If what you say is correct, we should expect MIRI to claim that two atom-level identical computers could nonetheless differ in Agency. I strongly predict the opposite—MIRI’s viewpoint is reductionist and physicalist, to the best of my knowledge.
I am not denying that the more complex an animal is, the more agency it appears to possess. On the other hand, the more we know about an agent, the less agency it appears to possess. What ancients thought of as agent-driven behavior, we see as natural phenomena not associated with free will or decision making. We still tend to anthropomorphize natural phenomena a lot (e.g. evolution, fortune), often implicitly assigning agency to them without realizing or admitting it. Teleology can at times be a useful model, of course, even in physics, but especially in programming.
It is also ought to be obvious, but isn’t, that there is a big disconnect between “I decide” and “I am an algorithm”. You can often read here and even in MIRI papers that agents can act contrary to their programming (that’s where counterfactuals show up). A quote from Abram Demski:
Your prediction, as far as I can tell, has been falsified. An agent magically steps away from its own programming by thinking about counterfactuals.
It’s been programmed to think about counterfactuals.
Either you are right that “you know that you take the $10”, or you are mistaken about this knowledge, not both, unless you subscribe to the model of changing a programming certainty.
1. Are you saying that the idea of a counterfactual inherently requires Transcending Programming, or that thinking about personal counterfactuals requires ignoring the fact that you are programmed?
2. Counterfactuals aren’t real. They do not correspond to logical possibilities. That is what the word means—they are “counter” to “fact”. But in the absence of perfect self-knowledge, and even in the knowledge that one is fully deterministic, you can still not know what you are going to do. So you’re not required to think about something that you know would require Transcending Programming, even if it is objectively the case that you would have to Transcend Programming to do that in reality.

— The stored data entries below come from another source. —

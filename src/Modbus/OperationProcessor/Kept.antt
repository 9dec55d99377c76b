-- ===== src/Modbus/OperationProcessor/Kept.antt =====
-- src/modbus/operation_processor.cc: descriptions that were read, and later calls.
use fiware_io_tagent_cpluspl.Common.{
  Bytes, bytes_key, some, List, [], ◌∷◌, ◌≡◌, inl, inr, Option-cases,
}
use fiware_io_tagent_cpluspl.Common.Int.{ℤ}
use fiware_io_tagent_cpluspl.Common.Map.{Assoc, find, find-insert_present}
use fiware_io_tagent_cpluspl.Modbus.Mapped.{FloatPosition}
use fiware_io_tagent_cpluspl.Modbus.OperationProcessor.{
  Ptree, ParamsMap, ModbusOperationProcessor, read_operation, get_base_address, at, add_labels,
  labels_of,
}
use fiware_io_tagent_cpluspl.Modbus.OperationProcessor.Commands.{
  read_command, add_operation, add_command_as_operation,
}
use fiware_io_tagent_cpluspl.Modbus.OperationProcessor.Access.{
  get_operation, get_mapped_labels, get_command, get_mapped_parameters,
}
use fiware_io_tagent_cpluspl.Modbus.OperationProcessor.Calls.{Call, run, IsStable, run-stable}

find-at :
    {V : Type 0} (k j : Bytes) (fallback v : V) (m : Assoc Bytes V)
    → find j m ≡ some v
    → find j (at fallback k m).1 ≡ some v
unfolding at
find-at k j fallback v m h = elim (Option-cases (find k m)) [
  | inl e ↦ rw (e, at) (find-insert_present k j fallback v m h)
  | inr (w, e) ↦ rw (e, at) h
]

module _ {Tree Factor : Type 0} (pt : Ptree Tree Factor) (name : Bytes) (tree command : Tree)
    (labels : List (FloatPosition Factor)) where
  -- An operation, its labels and the command of the same name.
  abbrev pub Describes : ModbusOperationProcessor Tree Factor → Type 0
  Describes p =
      (find name p.operations ≡ some tree)
      × ((find name p.position_map ≡ some labels) × (find name p.commands ≡ some command))

  find-add_labels :
      (op : Bytes) (added : List (FloatPosition Factor))
      (m : Assoc Bytes (List (FloatPosition Factor)))
      → find name m ≡ some labels
      → find name (add_labels pt op added m) ≡ some labels
  unfolding add_labels
  find-add_labels op [] m h = h
  find-add_labels op (label ∷ added) m h = find-insert_present op name _ labels m h

  get_base_address-Describes :
      (k : Bytes) (p : ModbusOperationProcessor Tree Factor)
      → Describes p
      → Describes (get_base_address pt k p).1
  unfolding get_base_address
  get_base_address-Describes k p h = h

  add_operation-Describes :
      (k : Bytes) (params : ParamsMap) (called : ℤ × ModbusOperationProcessor Tree Factor)
      → Describes called.1
      → Describes (add_operation pt k params called)
  unfolding add_operation
  add_operation-Describes k [] (address, p) h = h
  add_operation-Describes k ((a, first) ∷ rest) (address, p) h = (
    find-insert_present k name _ tree p.operations h.0,
    (find-insert_present k name _ labels p.position_map h.1.0, h.1.1),
  )

  add_command-Describes :
      (k : Bytes) (p : ModbusOperationProcessor Tree Factor)
      → Describes p
      → Describes (add_command_as_operation pt k p)
  unfolding add_command_as_operation
  add_command-Describes k p h = elim (Option-cases (find k p.commands)) [
    | inl e ↦ rw (e, add_command_as_operation) h
    | inr (found, e) ↦ elim (Option-cases (find k p.ordered_parameters_map)) [
      | inl f ↦ rw (e, f, add_command_as_operation) h
      | inr (params, f) ↦
          rw (e, f, add_command_as_operation)
            (add_operation-Describes k params _ (get_base_address-Describes k p h))
    ]
  ]

  Describes-IsStable : IsStable pt Describes
  unfolding read_operation read_command get_operation get_mapped_labels get_command
      get_mapped_parameters
  Describes-IsStable = record {
    on_operation = λ op v p h. (
      find-insert_present op name v tree p.operations h.0,
      (find-add_labels op (labels_of pt v) p.position_map h.1.0, h.1.1),
    );
    on_config = λ config p h. h;
    on_command = λ op v p h.
        add_command-Describes op _
          (h.0, (h.1.0, find-insert_present op name v command p.commands h.1.1));
    on_question = λ k p h. (
      (find-at k name pt.empty tree p.operations h.0, h.1),
      (
        (h.0, (find-at k name [] labels p.position_map h.1.0, h.1.1)),
        (
          (h.0, (h.1.0, find-at k name pt.empty command p.commands h.1.1)),
          (h, get_base_address-Describes k p h),
        ),
      ),
    );
  }

  -- An operation, labels and a command that a processor has under a name stay as they are after any
  -- calls: a later description of the name does not replace them.
  pub run-Describes :
      (calls : List Call) (p : ModbusOperationProcessor Tree Factor)
      → Describes p
      → Describes (run pt calls p)
  run-Describes = run-stable pt Describes Describes-IsStable
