-- ===== src/Modbus/OperationProcessor/Ordered.antt =====
-- src/modbus/operation_processor.cc: the order of the parameters of a command.
use fiware_io_tagent_cpluspl.Common.{
  Bytes, codes, bytes_key, str_eq, str_below, true, Option, none, some, List, [], ◌∷◌,
  if◌then◌else◌, ◌≡◌, refl, sym, ap, ◌∙◌, inl, inr, Option-cases, if-both,
}
use mathlib.Core.Path.{subst}
use fiware_io_tagent_cpluspl.Common.Int.{ℤ, negsuc, int_key, int_same, int_below}
use fiware_io_tagent_cpluspl.Common.Map.{Assoc, find, insert, IsOrdered, Above, insert-IsOrdered}
use fiware_io_tagent_cpluspl.Modbus.OperationProcessor.{
  Ptree, CommandParameter, ParamsMap, ModbusOperationProcessor, read_operation, get_base_address,
  at, new_processor, first_address,
}
use fiware_io_tagent_cpluspl.Modbus.OperationProcessor.Commands.{
  read_command, read_parameters, parameters_of, add_parameters, add_operation,
  add_command_as_operation,
}
use fiware_io_tagent_cpluspl.Modbus.OperationProcessor.Access.{
  get_operation, get_mapped_labels, get_command, get_mapped_parameters, values_of,
}
use fiware_io_tagent_cpluspl.Modbus.OperationProcessor.Calls.{Call, run, IsStable, run-stable}

-- Every parameter is under its own address.
abbrev AreAt : ParamsMap → Type 0
AreAt [] = Unit
AreAt ((address, param) ∷ m) = (param.base_address ≡ address) × AreAt m

abbrev IsParams : ParamsMap → Type 0
IsParams m = IsOrdered m × AreAt m

abbrev AllParams : Assoc Bytes ParamsMap → Type 0
AllParams [] = Unit
AllParams ((k, params) ∷ m) = IsParams params × AllParams m

abbrev OnSome : Option ParamsMap → Type 0
OnSome none = Unit
OnSome (some m) = IsParams m

insert-AreAt :
    (param : CommandParameter) (m : ParamsMap) → AreAt m → AreAt (insert param.base_address param m)
unfolding insert
insert-AreAt param [] h = (refl, tt)
insert-AreAt param ((a, q) ∷ m) h =
    if-both AreAt (int_same param.base_address a) ((a, q) ∷ m)
      (if int_below param.base_address a
        then (param.base_address, param) ∷ (a, q) ∷ m
        else (a, q) ∷ insert param.base_address param m)
      (λ _. h)
      (λ _.
        if-both AreAt (int_below param.base_address a) ((param.base_address, param) ∷ (a, q) ∷ m)
          ((a, q) ∷ insert param.base_address param m) (λ _. (refl, h))
          (λ _. (h.0, insert-AreAt param m h.1)))

insert-AllParams :
    (k : Bytes) (params : ParamsMap) (m : Assoc Bytes ParamsMap)
    → IsParams params
    → AllParams m
    → AllParams (insert k params m)
unfolding insert
insert-AllParams k params [] g h = (g, tt)
insert-AllParams k params ((j, w) ∷ m) g h =
    if-both AllParams (str_eq k j) ((j, w) ∷ m)
      (if str_below k j then (k, params) ∷ (j, w) ∷ m else (j, w) ∷ insert k params m) (λ _. h)
      (λ _.
        if-both AllParams (str_below k j) ((k, params) ∷ (j, w) ∷ m) ((j, w) ∷ insert k params m)
          (λ _. (g, h)) (λ _. (h.0, insert-AllParams k params m g h.1)))

find-OnSome : (k : Bytes) (m : Assoc Bytes ParamsMap) → AllParams m → OnSome (find k m)
unfolding find
find-OnSome k [] h = tt
find-OnSome k ((j, w) ∷ m) h =
    if-both OnSome (str_eq k j) (some w) (if str_below k j then none else find k m) (λ _. h.0)
      (λ _. if-both OnSome (str_below k j) none (find k m) (λ _. tt) (λ _. find-OnSome k m h.1))

at-AllParams :
    (k : Bytes) (m : Assoc Bytes ParamsMap)
    → AllParams m
    → IsParams (at [] k m).0 × AllParams (at [] k m).1
unfolding at
at-AllParams k m h = elim (Option-cases (find k m)) [
  | inl e ↦ rw (e, at) ((tt, tt), insert-AllParams k [] m (tt, tt) h)
  | inr (params, e) ↦ rw (e, at) (subst OnSome e (find-OnSome k m h), h)
]

module _ {Tree Factor : Type 0} (pt : Ptree Tree Factor) where
  read_parameters-OnSome :
      (trees : List Tree) (m : ParamsMap) → IsParams m → OnSome (read_parameters pt trees m)
  unfolding read_parameters
  read_parameters-OnSome [] m h = h
  read_parameters-OnSome (v ∷ trees) m h = elim (Option-cases (pt.get_int (codes "address") v)) [
    | inl e ↦ rw (e, read_parameters) tt
    | inr (address, e) ↦ elim (Option-cases (pt.get (codes "name") v)) [
      | inl f ↦ rw (e, f, read_parameters) tt
      | inr (name, f) ↦
          rw (e, f, read_parameters)
            (read_parameters-OnSome trees _
              (insert-IsOrdered address _ m h.0, insert-AreAt _ m h.1))
    ]
  ]

  parameters_of-OnSome : (v : Tree) → OnSome (parameters_of pt v)
  unfolding parameters_of
  parameters_of-OnSome v = elim (Option-cases (pt.get_child (codes "parameters") v)) [
    | inl e ↦ rw (e, parameters_of) tt
    | inr (found, e) ↦
        rw (e, parameters_of) (read_parameters-OnSome (pt.children found) [] (tt, tt))
  ]

  add_parameters-AllParams :
      (op : Bytes) (found : Option ParamsMap) (m : Assoc Bytes ParamsMap)
      → OnSome found
      → AllParams m
      → AllParams (add_parameters pt op found m)
  unfolding add_parameters
  add_parameters-AllParams op none m g h = h
  add_parameters-AllParams op (some []) m g h = h
  add_parameters-AllParams op (some (param ∷ params)) m g h =
      insert-AllParams op (param ∷ params) m g h

  abbrev HasParams : ModbusOperationProcessor Tree Factor → Type 0
  HasParams p = AllParams p.ordered_parameters_map

  add_operation-HasParams :
      (k : Bytes) (params : ParamsMap) (called : ℤ × ModbusOperationProcessor Tree Factor)
      → HasParams called.1
      → HasParams (add_operation pt k params called)
  unfolding add_operation
  add_operation-HasParams k [] (address, p) h = h
  add_operation-HasParams k ((a, first) ∷ rest) (address, p) h = h

  get_base_address-HasParams :
      (k : Bytes) (p : ModbusOperationProcessor Tree Factor)
      → HasParams p
      → HasParams (get_base_address pt k p).1
  unfolding get_base_address
  get_base_address-HasParams k p h = (at-AllParams k p.ordered_parameters_map h).1

  add_command-HasParams :
      (k : Bytes) (p : ModbusOperationProcessor Tree Factor)
      → HasParams p
      → HasParams (add_command_as_operation pt k p)
  unfolding add_command_as_operation
  add_command-HasParams k p h = elim (Option-cases (find k p.commands)) [
    | inl e ↦ rw (e, add_command_as_operation) h
    | inr (tree, e) ↦ elim (Option-cases (find k p.ordered_parameters_map)) [
      | inl f ↦ rw (e, f, add_command_as_operation) h
      | inr (params, f) ↦
          rw (e, f, add_command_as_operation)
            (add_operation-HasParams k params _ (get_base_address-HasParams k p h))
    ]
  ]

  HasParams-IsStable : IsStable pt HasParams
  unfolding read_operation read_command get_operation get_mapped_labels get_command
      get_mapped_parameters
  HasParams-IsStable = record {
    on_operation = λ op v p h. h;
    on_config = λ config p h. h;
    on_command = λ op v p h.
        add_command-HasParams op _
          (add_parameters-AllParams op _ p.ordered_parameters_map (parameters_of-OnSome v) h);
    on_question = λ k p h. (
      h,
      (h, (h, ((at-AllParams k p.ordered_parameters_map h).1, get_base_address-HasParams k p h))),
    );
  }

  abbrev AllAbove : ℤ → List CommandParameter → Type 0
  AllAbove address [] = Unit
  AllAbove address (param ∷ params) =
      (int_below address param.base_address ≡ true) × AllAbove address params

  -- Each parameter is below all that come after it.
  abbrev pub IsAscending : List CommandParameter → Type 0
  IsAscending [] = Unit
  IsAscending (param ∷ params) = AllAbove param.base_address params × IsAscending params

  abbrev pub first_base : List CommandParameter → ℤ
  first_base [] = negsuc 0
  first_base (param ∷ params) = param.base_address

  values_of-AllAbove :
      (address : ℤ) (m : ParamsMap) → AreAt m → Above address m → AllAbove address (values_of pt m)
  values_of-AllAbove address [] h a = tt
  values_of-AllAbove address ((b, q) ∷ m) h a =
      (ap (int_below address) h.0 ∙ a.0, values_of-AllAbove address m h.1 a.1)

  values_of-IsAscending : (m : ParamsMap) → IsParams m → IsAscending (values_of pt m)
  values_of-IsAscending [] h = tt
  values_of-IsAscending ((b, q) ∷ m) h = (
    values_of-AllAbove q.base_address m h.1.1
        (subst (λ (address : ℤ). Above address m) (sym h.1.0) h.0.0),
    values_of-IsAscending m (h.0.1, h.1.1),
  )

  first_address-values_of :
      (m : ParamsMap) → AreAt m → first_address pt m ≡ first_base (values_of pt m)
  first_address-values_of [] h = refl
  first_address-values_of ((b, q) ∷ m) h = sym h.0

  -- After any calls of a new processor, the parameters of a command come with their addresses
  -- ascending, no two alike, and the base address is that of the first, or -1 without parameters.
  pub run-IsAscending :
      (calls : List Call) (command : Bytes)
      → IsAscending (get_mapped_parameters pt command (run pt calls (new_processor pt))).0
        × ((get_base_address pt command (run pt calls (new_processor pt))).0
            ≡ first_base (get_mapped_parameters pt command (run pt calls (new_processor pt))).0)
  unfolding get_mapped_parameters get_base_address
  run-IsAscending calls command = (values_of-IsAscending _ found, first_address-values_of _ found.1)
    where
      found : IsParams (at [] command (run pt calls (new_processor pt)).ordered_parameters_map).0
      found =
          (at-AllParams command _
            (run-stable pt HasParams HasParams-IsStable calls (new_processor pt) tt)).0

I posted about it before here. Logical Counterfactuals are low-res. I think you are saying the same thing here. And yes, analyzing one’s own decision-making algorithms and adjusting them can be very useful. However, Abtam’s statement, as I understand it, does not have the explicit qualifier of incomplete knowledge of self. Quite the opposite, it says “Suppose you know that you take the $10”, not “You start with a first approximation that you take $10 and then explore further”.
You’re right—I didn’t see my confusion before, but Demski’s views don’t actually make much sense to me. The agent knows for certain that it will take $X? How can it know that without simulating its decision process? But if “simulate what my decision process is, then use that as the basis for counterfactuals” is part of the decision process, you’d get infinite regress. (Possible connection to fixed points?)
I don’t think Demski is saying that the agent would magically jump from taking $X to taking $Y. I think he’s saying that agents which fully understand their own behavior would be trapped by this knowledge because they can no longer form “reasonable” counterfactuals. I don’t think he’d claim that Agenthood can override fundamental physics, and I don’t see how you’re arguing that his beliefs, unbeknownst to him, are based on the assumption that Agenthood can override fundamental physics.